Dabei kann die Reihenfolge in der die Dienste und Protokolle
bearbeitet werden, verändern. Eine
Reihenfolge wie TCP/IP dann IPX/SPX und Netzwerkkarte dann WAN hat
sich aus meiner Erfahrung
bewährt.
TCP/IP Protokoll:

In diesem Protokoll sollte man eindeutige, für jeden Computer
unterschiedliche Einstellungen treffen. Um
Konflikte mit dem Internet zu vermeiden sollte man Adressen von
10.10.10.1 bis 10.10.10.255 in der Subnet
Mask 255.255.255.0 verwenden.
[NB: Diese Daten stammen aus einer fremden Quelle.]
-- ===== src/Remote/SshTelemetry.antt =====
-- The class SshTelemetry of instrumentation/ssh.ts. Times and latencies are whole milliseconds, and
-- the clock does not run backwards; the rates of a sample are left out.
use vscode_coder.Base.{
  ℕ, ◌+◌, ◌-◌, ◌*◌, Bool, true, false, not, ◌&&◌, Option, none, some, List, [], ◌∷◌, Text, text_eq,
  ltb, leb, ◌==◌, is_some, if◌then◌else◌,
}
use vscode_coder.Remote.NetworkStatus.{NetworkInfo}

pub data ProcessLossCause : Type 0 where
  stale_network_info missing_network_info : ProcessLossCause

pub record NetworkSample : Type 0 where
  pub emitted_at : ℕ
  pub p2p : Bool
  pub preferred_derp : Text
  pub latency : ℕ

pub data SshEvent : Type 0 where
  discovered : (found : Bool) → (attempts : ℕ) → SshEvent
  lost : ProcessLossCause → (uptime : ℕ) → SshEvent
  recovered : (duration : ℕ) → SshEvent
  replaced : (was_lost : Bool) → (uptime : ℕ) → SshEvent
  ended : (was_lost : Bool) → (uptime : ℕ) → SshEvent
  sampled : NetworkInfo → SshEvent

pub record SshTelemetry : Type 0 where
  pub started_at : Option ℕ
  pub lost_at : Option ℕ
  pub last_sample : Option NetworkSample
  -- the events that were reported, the newest first
  pub log : List SshEvent

unfoldable pub new_telemetry : SshTelemetry
new_telemetry = record { started_at = none; lost_at = none; last_sample = none; log = [] }

unfoldable pub process_started : (now : ℕ) → SshTelemetry → SshTelemetry
process_started now t = record t { started_at = some now; lost_at = none }

unfoldable pub process_lost : (now : ℕ) → ProcessLossCause → SshTelemetry → SshTelemetry
process_lost now cause t = elim t.started_at [
  | none ↦ t
  | some start ↦ elim t.lost_at [
    | some earlier ↦ t
    | none ↦ record t { lost_at = some now; log = lost cause (now - start) ∷ t.log }
  ]
]

unfoldable pub process_recovered : (now : ℕ) → SshTelemetry → SshTelemetry
process_recovered now t = elim t.lost_at [
  | none ↦ t
  | some time ↦ record t { lost_at = none; log = recovered (now - time) ∷ t.log }
]

abbrev report_replaced : (now : ℕ) → Option ℕ → Bool → List SshEvent → List SshEvent
report_replaced now none was_lost log = log
report_replaced now (some start) was_lost log = replaced was_lost (now - start) ∷ log

unfoldable pub process_replaced : (now : ℕ) → SshTelemetry → SshTelemetry
process_replaced now t = record {
  started_at = some now;
  lost_at = none;
  last_sample = none;
  log = report_replaced now t.started_at (is_some t.lost_at) t.log;
}

unfoldable pub disposed : (now : ℕ) → SshTelemetry → SshTelemetry
disposed now t = elim t.started_at [
  | none ↦ t
  | some start ↦ record {
    started_at = none;
    lost_at = none;
    last_sample = none;
    log = ended (is_some t.lost_at) (now - start) ∷ t.log;
  }
]

-- `Math.abs` of a difference
abbrev distance : ℕ → ℕ → ℕ
distance a b = (a - b) + (b - a)

-- `hasMeaningfulLatencyChange`; the ratio 0.2 is taken as a fifth
unfoldable pub has_meaningful_latency_change : (current previous : ℕ) → Bool
has_meaningful_latency_change current previous =
    if previous == 0
    then not (current == 0)
    else leb 25 (distance current previous) && leb previous (5 * distance current previous)

abbrev same_flag : Bool → Bool → Bool
same_flag true b = b
same_flag false b = not b

unfoldable pub should_emit_sample : NetworkSample → NetworkInfo → (now : ℕ) → Bool
should_emit_sample previous current now =
    if leb 60000 (now - previous.emitted_at)
    then true
    else if ltb (now - previous.emitted_at) 15000
    then false
    else if not (same_flag current.p2p previous.p2p)
    then true
    else if not (text_eq current.preferred_derp previous.preferred_derp)
    then true
    else has_meaningful_latency_change current.latency previous.latency

abbrev sample_of : (now : ℕ) → NetworkInfo → NetworkSample
sample_of now network = record {
  emitted_at = now;
  p2p = network.p2p;
  preferred_derp = network.preferred_derp;
  latency = network.latency;
}

abbrev emits : Option NetworkSample → NetworkInfo → (now : ℕ) → Bool
emits none current now = true
emits (some previous) current now = should_emit_sample previous current now

unfoldable pub network_sampled : (now : ℕ) → NetworkInfo → SshTelemetry → SshTelemetry
network_sampled now network t =
    if emits t.last_sample network now
    then record t { last_sample = some (sample_of now network); log = sampled network ∷ t.log }
    else t

-- `traceProcessDiscovery`: the span that ends
abbrev pub report_discovery : Bool → ℕ → SshTelemetry → SshTelemetry
report_discovery found attempts t = record t { log = discovered found attempts ∷ t.log }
Die Subnet Mask ist auf jedem Rechner
gleich, die IP-Adresse muß
sich auf jedem unterscheiden, z.B.: Server: 10.10.10.1 - 255.255.255.0,
Client: 10.10.10.2 - 255.255.255.0 .
IPX/SPX Protokoll:

Bei einer NT Workstation sollte die automatische Erkennung
ausreichen, bei NT Server aber
empfiehlt es sich, eindeutige Adressen zu vergeben. Nur bei
diesem Protokoll ist die Netzwerkadresse
eine achtstellige Zahl, wobei noch ein Rahmentyp(Frametype) angegeben
werden kann. Um die Netzwerk-
Funktionalität zu stärken, ist es empfehlenswert den
Rahmentyp manuell auf 'Ethernet 802.2' zu erkennen.
Dazu sollte man dann zwei Netzwerkadressen angeben, eine interne
Netzwerkadresse und eine manuell
erkannte Netzwerkadresse.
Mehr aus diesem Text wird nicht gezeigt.